This leads to the obvious (to me) question of what happens when there are four powers? More specifically, my questions are:

  1. Are there always parametric solutions to $a^m\pm b^n\pm c^k=d^l$ if $\frac{1}{m}+\frac{1}{n}+\frac{1}{k}+\frac{1}{l}>1$?
  1. If $\frac{1}{m}+\frac{1}{n}+\frac{1}{k}+\frac{1}{l}>1$, are solutions generally rare/hard to find?

  2. In the thirteen cases where $\frac{1}{m}+\frac{1}{n}+\frac{1}{k}+\frac{1}{l}=1$, are there known solutions?

Certain modular restrictions might force two of the powers to share a prime factor, so I will relax the coprimality constraint to say that the greatest common factor of all four powers is 1.

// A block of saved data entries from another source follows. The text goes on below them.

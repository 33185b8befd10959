-- ===== src/Leads/Valid.antt =====
-- What a request is that validation accepts.
use edn_core.Prelude.{
  ℕ, ◌≤◌, ◌≡◌, refl, sym, subst, ◌⊎◌, inl, inr, Bool, true, false, not, Option, none, some, [], ◌∷◌,
  length, all, arith, if◌then◌else◌,
}
use edn_core.Text.{Text, lit, trim_space, is_ascii_digit}
use edn_core.Text.Laws.{trim_space_idem, keep-all}
use edn_core.Checkout.{Time}
use edn_core.Leads.{
  NestedLeadPayload, SubmitRequest, Validation, valid, invalid, is_valid_profile,
  normalize_whatsapp, unless, shorter, longer, given, when_given, flat_request, nested_request,
  validate_flat, normalized_lead, validate_lead, validate_optional_lead, validate_nested, is_nested,
  is_ambiguous, validate,
}
use edn_core.Leads.Email.{IsEmail, is_valid_email-IsEmail}

-- A normalized phone number.
abbrev IsPhone : Text → Type 0
IsPhone phone = (phone ≡ []) ⊎ ((8 ≤ length phone) × (all is_ascii_digit phone ≡ true))

-- What a nested request has besides.
abbrev Consented : Option NestedLeadPayload → SubmitRequest → Type 0
Consented none r = Unit
Consented (some lead) r =
    (r.consent ≡ true)
    × ((r.profile ≡ []) ⊎ (is_valid_profile r.profile ≡ true))
    × (length r.message ≤ 500)
    × ((r.business_name ≡ []) ⊎ (2 ≤ length r.business_name))

pub record Normal (r : SubmitRequest) : Type 0 where
  pub named : 2 ≤ length r.name
  pub trimmed : trim_space r.name ≡ r.name
  pub mailed : IsEmail r.email
  pub sourced : length r.source ≤ 80
  pub phoned : IsPhone r.phone
  pub consented : Consented r.lead r

-- What a validation accepts has `P`.
data Accepts (P : SubmitRequest → Type 0) : Validation → Type 0 where
  accepts : (r : SubmitRequest) → P r → Accepts P (valid r)
  refuses : (details : Text) → Accepts P (invalid details)

unless-Accepts :
    (P : SubmitRequest → Type 0) (b : Bool) (details : Text) (rest : Validation)
    → (b ≡ false → Accepts P rest)
    → Accepts P (unless b details rest)
unfolding unless
unless-Accepts P true details rest h = refuses details
unless-Accepts P false details rest h = h refl

-- The request that is accepted.
abbrev request_of : SubmitRequest → Validation → SubmitRequest
request_of r (valid q) = q
request_of r (invalid _) = r

accepted :
    (P : SubmitRequest → Type 0) (r : SubmitRequest) (v : Validation)
    → Accepts P v
    → v ≡ valid r
    → P r
accepted P r v (accepts q p) e = subst (λ t. P (request_of r t)) e p
accepted P r v (refuses details) e = cc

not_shorter : (s : Text) (n : ℕ) → shorter s n ≡ false → n ≤ length s
not_shorter s n h = ground arith

not_longer : (s : Text) (n : ℕ) → longer s n ≡ false → length s ≤ n
not_longer s n h = ground arith

not-false : (b : Bool) → not b ≡ false → b ≡ true
not-false true h = refl
not-false false h = cc

given-IsPhone :
    (phone stripped : Text)
    → all is_ascii_digit stripped ≡ true
    → given phone (shorter stripped 8) ≡ false
    → IsPhone (when_given phone stripped)
given-IsPhone [] stripped a h = inl refl
given-IsPhone (c ∷ phone) stripped a h = inr (not_shorter stripped 8 h, a)

flat-Normal : (r : SubmitRequest) → r.lead ≡ none → Accepts Normal (validate_flat r)
unfolding validate_flat normalize_whatsapp
flat-Normal r flat = unless-Accepts Normal _ _ _ λ name_ok.
    unless-Accepts Normal _ _ _ λ email_there. unless-Accepts Normal _ _ _ λ email_ok.
      unless-Accepts Normal _ _ _ λ source_ok. unless-Accepts Normal _ _ _ λ phone_ok.
        let n : Normal (flat_request r) = record {
          named = not_shorter _ _ name_ok;
          trimmed = trim_space_idem r.name;
          mailed = is_valid_email-IsEmail _ (not-false _ email_ok);
          sourced = not_longer _ _ source_ok;
          phoned =
              given-IsPhone (trim_space r.phone) (normalize_whatsapp (trim_space r.phone))
                (keep-all is_ascii_digit (trim_space r.phone)) phone_ok;
          consented = subst (λ l. Consented l (flat_request r)) (sym flat) tt;
        } in
        accepts _ n

when_given-IsPhone :
    (whatsapp stripped : Text)
    → all is_ascii_digit stripped ≡ true
    → given whatsapp (shorter (when_given whatsapp stripped) 8) ≡ false
    → IsPhone (when_given whatsapp stripped)
when_given-IsPhone [] stripped a h = inl refl
when_given-IsPhone (c ∷ whatsapp) stripped a h = inr (not_shorter stripped 8 h, a)

profile_of :
    (profile : Text)
    → given profile (not (is_valid_profile profile)) ≡ false
    → (profile ≡ []) ⊎ (is_valid_profile profile ≡ true)
profile_of [] h = inl refl
profile_of (c ∷ profile) h = inr (not-false _ h)

message_of :
    (message trimmed : Text)
    → given message (longer (when_given message trimmed) 500) ≡ false
    → length (when_given message trimmed) ≤ 500
message_of [] trimmed h = omega arith
message_of (c ∷ message) trimmed h = not_longer trimmed 500 h

business_of :
    (business trimmed : Text)
    → given business (shorter (when_given business trimmed) 2) ≡ false
    → (when_given business trimmed ≡ []) ⊎ (2 ≤ length (when_given business trimmed))
business_of [] trimmed h = inl refl
business_of (c ∷ business) trimmed h = inr (not_shorter trimmed 2 h)

lead-Normal :
    (r : SubmitRequest) (source : Text) (at : Time) (lead : NestedLeadPayload)
    → length source ≤ 80
    → Accepts Normal (validate_lead r source at lead)
unfolding validate_lead normalize_whatsapp
lead-Normal r source at lead sourced = unless-Accepts Normal _ _ _ λ name_ok.
    unless-Accepts Normal _ _ _ λ email_there. unless-Accepts Normal _ _ _ λ email_ok.
      unless-Accepts Normal _ _ _ λ phone_ok. unless-Accepts Normal _ _ _ λ business_ok.
        unless-Accepts Normal _ _ _ λ profile_ok. unless-Accepts Normal _ _ _ λ message_ok.
          unless-Accepts Normal _ _ _ λ consent_ok.
            let n : Normal (nested_request r source at (normalized_lead lead)) = record {
              named = not_shorter _ _ name_ok;
              trimmed = trim_space_idem lead.name;
              mailed = is_valid_email-IsEmail _ (not-false _ email_ok);
              sourced = sourced;
              phoned =
                  when_given-IsPhone lead.whatsapp (normalize_whatsapp (trim_space lead.whatsapp))
                    (keep-all is_ascii_digit (trim_space lead.whatsapp)) phone_ok;
              consented = (
                not-false _ consent_ok,
                profile_of lead.profile profile_ok,
                message_of lead.message (trim_space lead.message) message_ok,
                business_of lead.business_name (trim_space lead.business_name) business_ok,
              );
            } in
            accepts _ n

module _ (parse_time : Text → Option Time) where
  optional-Normal :
      (r : SubmitRequest) (source : Text) (at : Option Time) (lead : Option NestedLeadPayload)
      → length source ≤ 80
      → Accepts Normal (validate_optional_lead r source at lead)
  optional-Normal r source none lead h = refuses _
  optional-Normal r source (some at) none h = refuses _
  optional-Normal r source (some at) (some lead) h = lead-Normal r source at lead h

  nested-Normal : (r : SubmitRequest) → Accepts Normal (validate_nested parse_time r)
  unfolding validate_nested
  nested-Normal r = unless-Accepts Normal _ _ _ λ source_there.
      unless-Accepts Normal _ _ _ λ source_ok. unless-Accepts Normal _ _ _ λ submitted_there.
        optional-Normal r (trim_space r.source) (parse_time r.submitted_at) r.lead
          (not_longer _ _ source_ok)

  flat_of : (r : SubmitRequest) → is_nested parse_time r ≡ false → r.lead ≡ none
  flat_of r h = ground arith

  validate-Accepts : (r : SubmitRequest) → Accepts Normal (validate parse_time r)
  unfolding validate
  validate-Accepts r = go (is_nested parse_time r) refl
    where
      go :
          (nested : Bool)
          → is_nested parse_time r ≡ nested
          → Accepts Normal (
              if nested
              then unless
                  (is_ambiguous parse_time r)
                  (lit
                    "ambiguous payload: top-level name/email/phone cannot be combined with nested lead")
                  (validate_nested parse_time r)
              else validate_flat r)
      go true e = unless-Accepts Normal _ _ _ (λ _. nested-Normal r)
      go false e = flat-Normal r (flat_of r e)

  -- A request that validation accepts, flat or nested, is normalized: the name is trimmed and has two
  -- characters, the email is a user and a domain with a dot around its last '@', the source has at
  -- most 80 characters, the phone is absent or eight digits or more and nothing else; and a nested lead
  -- has consented, with a known profile or none, a message of at most 500 characters, and a business
  -- name of two characters or none.
  pub validate-Normal :
      (r normalized : SubmitRequest) → validate parse_time r ≡ valid normalized → Normal normalized
  validate-Normal r normalized e =
      accepted Normal normalized (validate parse_time r) (validate-Accepts r) e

I am aware of Noam Elkies' solution to $w^4+x^4+y^4=z^4$, which showed that there are infinitely many solutions, and in fact, the solutions are "dense". However, it also seemed to also show that finding solutions to the cases I'm considering is hard, given that the smallest solutions are quite large, and that Euler himself considered the problem and found no solutions. Also, the analogous problem for fifth (and higher) powers is unsolved, leading me to conclude that the sum of reciprocals heuristic is still potentially valid for four powers.

One equation in particular I would like to look into is $w^6+x^6+y^6=z^2$

Edit: It seems like for various values of $(m,n,k,l)$, there are easily derivable solutions which contradict the idea of using the heuristic in full generality. Also, I consider a solution trivial if either one of the powers or a sum of two powers is zero. So I'm going to write out each configuration where the reciprocals sum to one and what is known so far:

$(2,3,7,42):$ Reduces to $x^2+y^3+z^7=1$. Unknown if a parametric solution exists

$(2,3,8,24):$ Reduces to $x^2+y^3+z^8=1$. Unknown if a parametric solution exists

$(2,3,9,18):$ Reduces to $x^2+y^3+z^9=1$. Unknown if a parametric solution exists

$(2,3,10,15):$ Unknown if a parametric solution exists

$(2,3,12,12):$ Reduces to $x^2+y^3+z^{12}=1$. Unknown if a parametric solution exists

$(2,4,5,20):$ Reduces to $x^2+y^4+z^5=1$. Unknown if a parametric solution exists

$(2,4,6,12):$ Reduces to $x^2+y^4+z^6=1$. Unknown if a parametric solution exists

$(2,4,8,8):$ Reduces to $x^2+y^4+z^8=1$. I believe a parametric solution may be derived here from Elkies' work

$(2,5,5,10):$ Reduces to $x^2+y^5+z^5=1$. Unknown if a parametric solution exists

$(2,6,6,6):$ Unknown if any nontrivial solutions exist

$(3,3,6,6):$ Unknown if any nontrivial solutions exist

$(3,4,4,6):$ Parametric solution derived in Max's answer

$(4,4,4,4):$ Elkies has derived infinitely many solutions

It seems like there are two general categories these fall into. The first is equations of the form $x^2+y^3+z^n=1$ or $x^2+y^4+z^n=1$. I feel like these are relatively easy to solve using elliptic curves (although coprimality could be an issue).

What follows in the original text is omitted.